Saved entries
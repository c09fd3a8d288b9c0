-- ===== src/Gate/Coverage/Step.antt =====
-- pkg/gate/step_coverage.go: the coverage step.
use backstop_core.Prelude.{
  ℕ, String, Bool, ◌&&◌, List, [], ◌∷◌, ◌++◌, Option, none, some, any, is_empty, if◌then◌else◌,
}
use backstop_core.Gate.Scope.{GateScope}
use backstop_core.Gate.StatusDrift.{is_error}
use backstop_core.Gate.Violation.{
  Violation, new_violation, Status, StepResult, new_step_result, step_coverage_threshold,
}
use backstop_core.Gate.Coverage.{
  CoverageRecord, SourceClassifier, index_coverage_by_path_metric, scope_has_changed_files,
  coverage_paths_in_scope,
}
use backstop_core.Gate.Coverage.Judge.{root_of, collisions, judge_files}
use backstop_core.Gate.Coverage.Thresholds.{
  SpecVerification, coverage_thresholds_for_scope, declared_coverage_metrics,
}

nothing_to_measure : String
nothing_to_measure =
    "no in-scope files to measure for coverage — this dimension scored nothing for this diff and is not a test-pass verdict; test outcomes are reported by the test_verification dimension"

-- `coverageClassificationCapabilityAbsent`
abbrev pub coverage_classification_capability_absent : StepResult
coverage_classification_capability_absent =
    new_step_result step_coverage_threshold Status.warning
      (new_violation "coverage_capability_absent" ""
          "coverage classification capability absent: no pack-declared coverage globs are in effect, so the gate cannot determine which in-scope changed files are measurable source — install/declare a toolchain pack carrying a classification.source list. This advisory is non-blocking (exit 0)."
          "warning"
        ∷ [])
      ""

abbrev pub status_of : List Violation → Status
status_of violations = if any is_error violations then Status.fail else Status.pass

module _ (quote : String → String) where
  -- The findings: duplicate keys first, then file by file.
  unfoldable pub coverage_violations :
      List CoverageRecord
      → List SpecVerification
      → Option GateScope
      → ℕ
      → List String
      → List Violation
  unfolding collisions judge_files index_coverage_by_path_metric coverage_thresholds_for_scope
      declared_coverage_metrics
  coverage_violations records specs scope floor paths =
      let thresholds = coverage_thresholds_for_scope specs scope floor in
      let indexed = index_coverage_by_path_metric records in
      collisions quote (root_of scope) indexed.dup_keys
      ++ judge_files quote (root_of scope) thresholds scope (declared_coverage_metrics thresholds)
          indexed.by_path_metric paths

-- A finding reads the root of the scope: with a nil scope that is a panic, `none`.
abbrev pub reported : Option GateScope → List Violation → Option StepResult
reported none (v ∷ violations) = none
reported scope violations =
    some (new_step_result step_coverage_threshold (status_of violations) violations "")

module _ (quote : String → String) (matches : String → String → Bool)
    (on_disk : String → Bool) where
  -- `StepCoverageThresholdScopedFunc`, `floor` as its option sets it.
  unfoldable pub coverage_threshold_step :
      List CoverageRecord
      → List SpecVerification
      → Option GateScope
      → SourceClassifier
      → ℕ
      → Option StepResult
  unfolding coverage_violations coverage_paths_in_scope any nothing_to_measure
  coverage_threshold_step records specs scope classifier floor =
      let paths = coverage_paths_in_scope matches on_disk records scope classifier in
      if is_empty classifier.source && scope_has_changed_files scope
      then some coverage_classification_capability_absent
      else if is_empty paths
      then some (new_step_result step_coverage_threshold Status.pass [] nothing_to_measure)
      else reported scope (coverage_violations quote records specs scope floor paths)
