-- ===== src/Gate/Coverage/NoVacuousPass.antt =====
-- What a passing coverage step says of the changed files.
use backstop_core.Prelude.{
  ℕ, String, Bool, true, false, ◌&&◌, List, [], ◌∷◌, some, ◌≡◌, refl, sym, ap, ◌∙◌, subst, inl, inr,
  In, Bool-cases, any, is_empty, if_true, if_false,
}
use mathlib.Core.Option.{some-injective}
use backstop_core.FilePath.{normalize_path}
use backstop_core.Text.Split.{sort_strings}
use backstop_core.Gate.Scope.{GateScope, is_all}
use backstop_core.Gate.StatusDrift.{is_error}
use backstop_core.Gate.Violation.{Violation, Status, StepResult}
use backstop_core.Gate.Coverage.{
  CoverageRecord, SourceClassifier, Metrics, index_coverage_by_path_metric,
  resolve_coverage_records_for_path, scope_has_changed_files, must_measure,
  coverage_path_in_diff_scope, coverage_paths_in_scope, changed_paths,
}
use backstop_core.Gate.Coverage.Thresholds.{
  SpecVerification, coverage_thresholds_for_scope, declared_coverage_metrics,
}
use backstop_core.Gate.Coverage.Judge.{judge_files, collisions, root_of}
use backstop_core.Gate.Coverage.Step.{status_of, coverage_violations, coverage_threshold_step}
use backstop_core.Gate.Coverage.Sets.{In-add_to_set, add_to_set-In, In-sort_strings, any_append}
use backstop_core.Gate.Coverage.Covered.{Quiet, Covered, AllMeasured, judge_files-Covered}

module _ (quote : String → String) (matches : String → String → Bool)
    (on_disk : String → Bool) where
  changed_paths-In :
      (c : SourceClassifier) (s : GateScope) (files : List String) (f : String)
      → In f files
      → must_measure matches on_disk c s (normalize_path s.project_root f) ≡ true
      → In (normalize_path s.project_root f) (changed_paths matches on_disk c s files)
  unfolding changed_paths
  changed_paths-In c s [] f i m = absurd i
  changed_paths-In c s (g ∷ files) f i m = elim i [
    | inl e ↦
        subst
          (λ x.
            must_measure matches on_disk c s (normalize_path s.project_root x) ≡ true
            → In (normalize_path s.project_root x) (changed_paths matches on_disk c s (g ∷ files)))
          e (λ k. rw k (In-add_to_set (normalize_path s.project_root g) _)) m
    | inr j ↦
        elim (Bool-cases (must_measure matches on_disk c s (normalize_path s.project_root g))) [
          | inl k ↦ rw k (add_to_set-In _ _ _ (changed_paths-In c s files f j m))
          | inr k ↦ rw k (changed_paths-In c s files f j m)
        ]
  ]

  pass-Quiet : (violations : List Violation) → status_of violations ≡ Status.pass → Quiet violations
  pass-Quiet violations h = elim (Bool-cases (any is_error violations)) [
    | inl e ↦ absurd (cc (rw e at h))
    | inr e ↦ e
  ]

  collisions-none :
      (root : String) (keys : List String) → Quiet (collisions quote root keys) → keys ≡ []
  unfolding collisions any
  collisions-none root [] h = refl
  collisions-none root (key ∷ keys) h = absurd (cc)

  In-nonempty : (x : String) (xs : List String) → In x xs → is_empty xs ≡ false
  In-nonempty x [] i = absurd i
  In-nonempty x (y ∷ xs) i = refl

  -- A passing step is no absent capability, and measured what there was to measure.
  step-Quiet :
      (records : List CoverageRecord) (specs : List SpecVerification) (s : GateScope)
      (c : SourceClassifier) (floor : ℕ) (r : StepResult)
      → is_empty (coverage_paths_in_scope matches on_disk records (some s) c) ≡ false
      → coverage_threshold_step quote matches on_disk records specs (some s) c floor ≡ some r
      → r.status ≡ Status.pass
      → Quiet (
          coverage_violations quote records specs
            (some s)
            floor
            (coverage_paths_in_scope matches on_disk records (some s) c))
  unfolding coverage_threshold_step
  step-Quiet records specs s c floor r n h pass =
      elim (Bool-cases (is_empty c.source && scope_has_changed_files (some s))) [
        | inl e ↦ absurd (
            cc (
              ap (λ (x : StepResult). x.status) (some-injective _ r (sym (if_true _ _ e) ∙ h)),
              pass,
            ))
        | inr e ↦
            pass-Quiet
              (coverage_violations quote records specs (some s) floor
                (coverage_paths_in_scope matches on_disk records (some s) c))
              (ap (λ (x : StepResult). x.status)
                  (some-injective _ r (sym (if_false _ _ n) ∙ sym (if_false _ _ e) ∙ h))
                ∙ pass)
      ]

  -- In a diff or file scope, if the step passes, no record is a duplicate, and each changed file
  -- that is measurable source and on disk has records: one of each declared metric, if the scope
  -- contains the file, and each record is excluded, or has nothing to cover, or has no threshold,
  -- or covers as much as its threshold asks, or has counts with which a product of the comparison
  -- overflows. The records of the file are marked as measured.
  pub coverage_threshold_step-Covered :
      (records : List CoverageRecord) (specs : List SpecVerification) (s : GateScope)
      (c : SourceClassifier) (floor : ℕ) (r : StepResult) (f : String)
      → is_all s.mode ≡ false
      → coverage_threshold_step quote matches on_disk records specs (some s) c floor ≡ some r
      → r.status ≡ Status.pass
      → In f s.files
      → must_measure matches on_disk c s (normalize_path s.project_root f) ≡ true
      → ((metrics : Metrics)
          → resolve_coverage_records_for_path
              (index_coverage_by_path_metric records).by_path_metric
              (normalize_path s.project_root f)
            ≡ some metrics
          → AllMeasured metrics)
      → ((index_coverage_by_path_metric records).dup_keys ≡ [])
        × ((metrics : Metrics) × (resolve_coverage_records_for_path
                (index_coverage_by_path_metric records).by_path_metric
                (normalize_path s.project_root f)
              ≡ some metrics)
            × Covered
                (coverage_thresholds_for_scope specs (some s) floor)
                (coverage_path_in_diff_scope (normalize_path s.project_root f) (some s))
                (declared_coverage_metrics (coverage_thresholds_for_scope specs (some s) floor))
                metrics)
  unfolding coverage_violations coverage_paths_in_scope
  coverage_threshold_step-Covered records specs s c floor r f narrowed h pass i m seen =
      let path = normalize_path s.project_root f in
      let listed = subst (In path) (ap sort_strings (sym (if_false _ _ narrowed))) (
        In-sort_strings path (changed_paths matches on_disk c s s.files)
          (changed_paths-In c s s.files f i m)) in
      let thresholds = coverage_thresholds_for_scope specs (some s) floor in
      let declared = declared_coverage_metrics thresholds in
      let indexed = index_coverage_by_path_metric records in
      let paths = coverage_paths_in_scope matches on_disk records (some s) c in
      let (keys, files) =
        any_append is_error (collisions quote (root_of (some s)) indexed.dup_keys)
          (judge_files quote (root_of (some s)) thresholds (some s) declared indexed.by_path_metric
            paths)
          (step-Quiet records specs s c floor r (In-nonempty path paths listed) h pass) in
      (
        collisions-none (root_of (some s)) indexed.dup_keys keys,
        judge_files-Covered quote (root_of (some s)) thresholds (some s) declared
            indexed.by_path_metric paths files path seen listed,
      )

● WORK INSTRUCTION
The lines to extract from the data above begin with the line containing "-- A finding" and end with the line containing "then some (new_step_result". Extract them exactly, including both.

● SOLUTION FOR THIS EXERCISE
-- A finding reads the root of the scope: with a nil scope that is a panic, `none`.
abbrev pub reported : Option GateScope → List Violation → Option StepResult
reported none (v ∷ violations) = none
reported scope violations =
    some (new_step_result step_coverage_threshold (status_of violations) violations "")

module _ (quote : String → String) (matches : String → String → Bool)
    (on_disk : String → Bool) where
  -- `StepCoverageThresholdScopedFunc`, `floor` as its option sets it.
  unfoldable pub coverage_threshold_step :
      List CoverageRecord
      → List SpecVerification
      → Option GateScope
      → SourceClassifier
      → ℕ
      → Option StepResult
  unfolding coverage_violations coverage_paths_in_scope any nothing_to_measure
  coverage_threshold_step records specs scope classifier floor =
      let paths = coverage_paths_in_scope matches on_disk records scope classifier in
      if is_empty classifier.source && scope_has_changed_files scope
      then some coverage_classification_capability_absent
      else if is_empty paths
      then some (new_step_result step_coverage_threshold Status.pass [] nothing_to_measure)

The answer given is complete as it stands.